• [Task brief] Please retype all of the data below, word for word.

****

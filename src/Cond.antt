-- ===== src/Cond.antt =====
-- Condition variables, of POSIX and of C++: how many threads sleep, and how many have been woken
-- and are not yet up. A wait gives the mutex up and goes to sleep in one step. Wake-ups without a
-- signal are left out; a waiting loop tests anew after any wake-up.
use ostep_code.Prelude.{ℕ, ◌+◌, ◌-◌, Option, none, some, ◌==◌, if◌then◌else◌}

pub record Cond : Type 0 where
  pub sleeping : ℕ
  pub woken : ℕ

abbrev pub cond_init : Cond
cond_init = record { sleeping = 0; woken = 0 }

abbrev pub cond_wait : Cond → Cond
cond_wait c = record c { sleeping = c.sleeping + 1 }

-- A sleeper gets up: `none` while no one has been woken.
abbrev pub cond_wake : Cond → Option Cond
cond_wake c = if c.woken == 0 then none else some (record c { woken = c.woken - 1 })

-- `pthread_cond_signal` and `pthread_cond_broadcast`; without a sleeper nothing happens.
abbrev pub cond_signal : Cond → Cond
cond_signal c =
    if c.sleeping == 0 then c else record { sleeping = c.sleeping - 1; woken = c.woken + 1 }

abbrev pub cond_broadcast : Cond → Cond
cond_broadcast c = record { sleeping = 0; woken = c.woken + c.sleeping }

****

• [Task solution]
filename src/Cond.antt
-- ===== src/Cond.antt =====
-- Condition variables, of POSIX and of C++: how many threads sleep, and how many have been woken
-- and are not yet up. A wait gives the mutex up and goes to sleep in one step. Wake-ups without a
-- signal are left out; a waiting loop tests anew after any wake-up.
use ostep_code.Prelude.{ℕ, ◌+◌, ◌-◌, Option, none, some, ◌==◌, if◌then◌else◌}

pub record Cond : Type 0 where
  pub sleeping : ℕ
  pub woken : ℕ

abbrev pub cond_init : Cond
cond_init = record { sleeping = 0; woken = 0 }

abbrev pub cond_wait : Cond → Cond
cond_wait c = record c { sleeping = c.sleeping + 1 }

-- A sleeper gets up: `none` while no one has been woken.
abbrev pub cond_wake : Cond → Option Cond
cond_wake c = if c.woken == 0 then none else some (record c { woken = c.woken - 1 })

-- `pthread_cond_signal` and `pthread_cond_broadcast`; without a sleeper nothing happens.
abbrev pub cond_signal : Cond → Cond
cond_signal c =
    if c.sleeping == 0 then c else record { sleeping = c.sleeping - 1; woken = c.woken + 1 }

abbrev pub cond_broadcast : Cond → Cond
cond_broadcast c = record { sleeping = 0; woken = c.woken + c.sleeping }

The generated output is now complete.